Anyone have experience using Controsoil by Married? Shipping is pretty reasonable on Amazon prime and it appears to be a good product. Does it buffer the PH and any ammonia cycling spikes like ADA?


----------



## 4f1hmi (Mar 29, 2008)

I have been using Controsoil for more than five years now. I would say it is better than ADA aquasoil for a couple of reasons. First, it does not leech that much ammonia as compared to Aquasoil. So less cycling time specially if you are starting a new tank. It performs better than ADA as it holds it's form better, therefore it last longer. It usually takes only a year for my aquasoil to crumble and reverts back to its old form. With my experience with Controsoil, I just do a little syphoning of the substrate and it looks like new again. They even have a number of choices of size and color. So a better variety and they almost look the same.

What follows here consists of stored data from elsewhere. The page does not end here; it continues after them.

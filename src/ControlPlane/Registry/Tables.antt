-- ===== src/ControlPlane/Registry/Tables.antt =====
-- Rows told apart by a test on pairs, as a PRIMARY KEY or UNIQUE constraint keeps them, and what
-- the statements do to such a table.
use mathlib.Core.List.{Memᴰ}
use mathlib.Core.Path.{subst}
use latiq.Prelude.{
  Bool, true, false, ◌≡◌, refl, sym, ap, ◌∙◌, inl, inr, List, [], ◌∷◌, ◌++◌, none, some, arith, All,
  any, find, Bool-cases,
}
use latiq.ControlPlane.Registry.{update_where, delete_where}

module _ {ℓ} {A : Type ℓ} (same : A → A → Bool) where
  abbrev pub Distinct : List A → Type 0
  Distinct [] = Unit
  Distinct (x ∷ xs) = All (λ y. same x y ≡ false) xs × Distinct xs

module _ {ℓ} {A : Type ℓ} where
  pub All-delete_where {κ} :
      (P : A → Type κ) (p : A → Bool) (xs : List A) → All P xs → All P (delete_where p xs)
  unfolding delete_where
  All-delete_where P p [] h = tt
  All-delete_where P p (x ∷ xs) (h, hs) = elim (Bool-cases (p x)) [
    | inl e ↦ rw e (All-delete_where P p xs hs)
    | inr e ↦ rw e (h, All-delete_where P p xs hs)
  ]

  pub All-update_where {κ} :
      (P : A → Type κ) (p : A → Bool) (f : A → A) (xs : List A)
      → ((x : A) → P x → P (f x))
      → All P xs
      → All P (update_where p f xs)
  unfolding update_where
  All-update_where P p f [] keeps h = tt
  All-update_where P p f (x ∷ xs) keeps (h, hs) = elim (Bool-cases (p x)) [
    | inl e ↦ rw e (keeps x h, All-update_where P p f xs keeps hs)
    | inr e ↦ rw e (h, All-update_where P p f xs keeps hs)
  ]

  pub All-snoc {κ} : (P : A → Type κ) (xs : List A) (a : A) → All P xs → P a → All P (xs ++ a ∷ [])
  All-snoc P [] a h p = (p, tt)
  All-snoc P (x ∷ xs) a (h, hs) p = (h, All-snoc P xs a hs p)

  pub All-map {κ κ'} :
      (P : A → Type κ) (Q : A → Type κ') (xs : List A) → ((x : A) → P x → Q x) → All P xs → All Q xs
  All-map P Q [] f h = tt
  All-map P Q (x ∷ xs) f (h, hs) = (f x h, All-map P Q xs f hs)

  pub any-append : (p : A → Bool) (xs ys : List A) → any p xs ≡ true → any p (xs ++ ys) ≡ true
  unfolding any
  any-append p [] ys h = cc
  any-append p (x ∷ xs) ys h = ground (arith, any-append p xs ys)

  pub any-snoc : (p : A → Bool) (xs : List A) (a : A) → p a ≡ true → any p (xs ++ a ∷ []) ≡ true
  unfolding any
  any-snoc p [] a h = ground arith
  any-snoc p (x ∷ xs) a h = ground (arith, any-snoc p xs a h)

  pub any-update_where :
      (q p : A → Bool) (f : A → A) (xs : List A)
      → ((x : A) → q (f x) ≡ q x)
      → any q (update_where p f xs) ≡ any q xs
  unfolding any update_where
  any-update_where q p f [] h = refl
  any-update_where q p f (x ∷ xs) h = ground (arith, h x, any-update_where q p f xs h)

  pub find_of_any :
      (p : A → Bool) (xs : List A) → any p xs ≡ true → (a : A) × (find p xs ≡ some a) × (p a ≡ true)
  unfolding any find
  find_of_any p [] h = cc
  find_of_any p (x ∷ xs) h = elim (Bool-cases (p x)) [
    | inl e ↦ (x, rw e refl, e)
    | inr e ↦ let (a, found, holds) = find_of_any p xs (rw e at h) in (a, rw e found, holds)
  ]

  pub find_of_not_any : (p : A → Bool) (xs : List A) → any p xs ≡ false → find p xs ≡ none
  unfolding any find
  find_of_not_any p [] h = refl
  find_of_not_any p (x ∷ xs) h = ground (arith, find_of_not_any p xs)

module _ {ℓ} {A : Type ℓ} (same : A → A → Bool) where
  pub Distinct-delete_where :
      (p : A → Bool) (xs : List A) → Distinct same xs → Distinct same (delete_where p xs)
  unfolding delete_where
  Distinct-delete_where p [] d = tt
  Distinct-delete_where p (x ∷ xs) (h, d) = elim (Bool-cases (p x)) [
    | inl e ↦ rw e (Distinct-delete_where p xs d)
    | inr e ↦ rw e (All-delete_where _ p xs h, Distinct-delete_where p xs d)
  ]

  pub Distinct-snoc :
      (xs : List A) (a : A)
      → Distinct same xs
      → any (λ x. same x a) xs ≡ false
      → Distinct same (xs ++ a ∷ [])
  unfolding any
  Distinct-snoc [] a d h = (tt, tt)
  Distinct-snoc (x ∷ xs) a (n, d) h =
      (All-snoc _ xs a n (ground arith), Distinct-snoc xs a d (ground arith))

  -- An UPDATE that leaves alone what the rows are told apart by.
  pub Distinct-update_where :
      (p : A → Bool) (f : A → A) (xs : List A)
      → ((x y : A) → same (f x) y ≡ same x y)
      → ((x y : A) → same x (f y) ≡ same x y)
      → Distinct same xs
      → Distinct same (update_where p f xs)
  unfolding update_where
  Distinct-update_where p f [] l r d = tt
  Distinct-update_where p f (x ∷ xs) l r (h, d) = elim (Bool-cases (p x)) [
    | inl e ↦ rw e (
      All-update_where _ p f xs (λ y q. r _ y ∙ q) (All-map _ _ xs (λ y q. l x y ∙ q) h),
      Distinct-update_where p f xs l r d,
    )
    | inr e ↦
        rw e (All-update_where _ p f xs (λ y q. r x y ∙ q) h, Distinct-update_where p f xs l r d)
  ]

module _ {ℓ} {A : Type ℓ} where
  pub any-delete_where : (p : A → Bool) (xs : List A) → any p (delete_where p xs) ≡ false
  unfolding any delete_where
  any-delete_where p [] = refl
  any-delete_where p (x ∷ xs) = ground (arith, any-delete_where p xs)

  pub Memᴰ-delete_where :
      (p : A → Bool) (xs : List A) (a : A) → Memᴰ a xs → p a ≡ false → Memᴰ a (delete_where p xs)
  unfolding delete_where
  Memᴰ-delete_where p [] a m h = elim m [ ]
  Memᴰ-delete_where p (x ∷ xs) a (Memᴰ.head e) h =
      let kept : p x ≡ false = ap p (sym e) ∙ h in rw (kept, delete_where) (Memᴰ.head e)
  Memᴰ-delete_where p (x ∷ xs) a (Memᴰ.tail m) h = elim (Bool-cases (p x)) [
    | inl e ↦ rw e (Memᴰ-delete_where p xs a m h)
    | inr e ↦ rw e (Memᴰ.tail (Memᴰ-delete_where p xs a m h))
  ]

  pub Memᴰ-append_left : (a : A) (xs ys : List A) → Memᴰ a xs → Memᴰ a (xs ++ ys)
  Memᴰ-append_left a [] ys m = elim m [ ]
  Memᴰ-append_left a (x ∷ xs) ys (Memᴰ.head e) = Memᴰ.head e
  Memᴰ-append_left a (x ∷ xs) ys (Memᴰ.tail m) = Memᴰ.tail (Memᴰ-append_left a xs ys m)

  pub All-of-Memᴰ {κ} : (P : A → Type κ) (xs : List A) (a : A) → All P xs → Memᴰ a xs → P a
  All-of-Memᴰ P [] a h m = elim m [ ]
  All-of-Memᴰ P (x ∷ xs) a (h, hs) (Memᴰ.head e) = subst P (sym e) h
  All-of-Memᴰ P (x ∷ xs) a (h, hs) (Memᴰ.tail m) = All-of-Memᴰ P xs a hs m

  pub Memᴰ-find :
      (p : A → Bool) (xs : List A) (a : A) → find p xs ≡ some a → Memᴰ a xs × (p a ≡ true)
  unfolding find
  Memᴰ-find p [] a h = cc
  Memᴰ-find p (x ∷ xs) a h = elim (Bool-cases (p x)) [
    | inl e ↦
        let found : some x ≡ some a = rw (e, find) at h in
        let same : x ≡ a = cc in (Memᴰ.head (sym same), ap p (sym same) ∙ e)
    | inr e ↦ let (m, holds) = Memᴰ-find p xs a (rw (e, find) at h) in (Memᴰ.tail m, holds)
  ]

  pub find-snoc :
      (p : A → Bool) (xs : List A) (a : A)
      → any p xs ≡ false
      → p a ≡ true
      → find p (xs ++ a ∷ []) ≡ some a
  unfolding find any
  find-snoc p [] a h e = rw e refl
  find-snoc p (x ∷ xs) a h e = ground (arith, find-snoc p xs a)

  pub find-none_iff_any : (p : A → Bool) (xs : List A) → find p xs ≡ none → any p xs ≡ false
  unfolding find any
  find-none_iff_any p [] h = refl
  find-none_iff_any p (x ∷ xs) h = ground (arith, find-none_iff_any p xs)

module _ {ℓ} {A : Type ℓ} (same : A → A → Bool) where
  -- Among rows that are told apart, a key finds its own row.
  pub find-Distinct :
      (xs : List A) (a : A)
      → Distinct same xs
      → Memᴰ a xs
      → same a a ≡ true
      → find (λ x. same x a) xs ≡ some a
  unfolding find
  find-Distinct [] a d m h = elim m [ ]
  find-Distinct (x ∷ xs) a (n, d) (Memᴰ.head e) h = ground (arith, ap (λ y. same y a) e)
  find-Distinct (x ∷ xs) a (n, d) (Memᴰ.tail m) h =
      let apart : same x a ≡ false = All-of-Memᴰ (λ y. same x y ≡ false) xs a n m in
      rw (apart, find) (find-Distinct xs a d m h)

  -- Two rows with one key are one row.
  pub eq_of_same :
      (xs : List A) (a b : A)
      → Distinct same xs
      → ((x y : A) → same x y ≡ same y x)
      → Memᴰ a xs
      → Memᴰ b xs
      → same a b ≡ true
      → a ≡ b
  eq_of_same [] a b d symm m n h = elim m [ ]
  eq_of_same (x ∷ xs) a b d symm (Memᴰ.head e) (Memᴰ.head f) h = e ∙ sym f
  eq_of_same (x ∷ xs) a b (k, d) symm (Memᴰ.head e) (Memᴰ.tail n) h =
      let apart : same x b ≡ false = All-of-Memᴰ (λ y. same x y ≡ false) xs b k n in
      absurd (cc (ap (λ y. same y b) e))
  eq_of_same (x ∷ xs) a b (k, d) symm (Memᴰ.tail m) (Memᴰ.head f) h =
      let apart : same x a ≡ false = All-of-Memᴰ (λ y. same x y ≡ false) xs a k m in
      absurd (cc (ap (λ y. same a y) f, symm x a))
  eq_of_same (x ∷ xs) a b (k, d) symm (Memᴰ.tail m) (Memᴰ.tail n) h = eq_of_same xs a b d symm m n h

I'd say even better because I get more value for my money as I don't buy as often. I even reused it after drying it under the sun. Still hold it's form. I am very happy with Controsoil. I am not buying anymore ADA aquasoil in the future unless it's free lol. I hope this helps


Sent from my iPhone using Tapatalk
Boplants


----------



## losa (Jul 16, 2015)

That is fantastic. I've ordered some and am excited to try it.


----------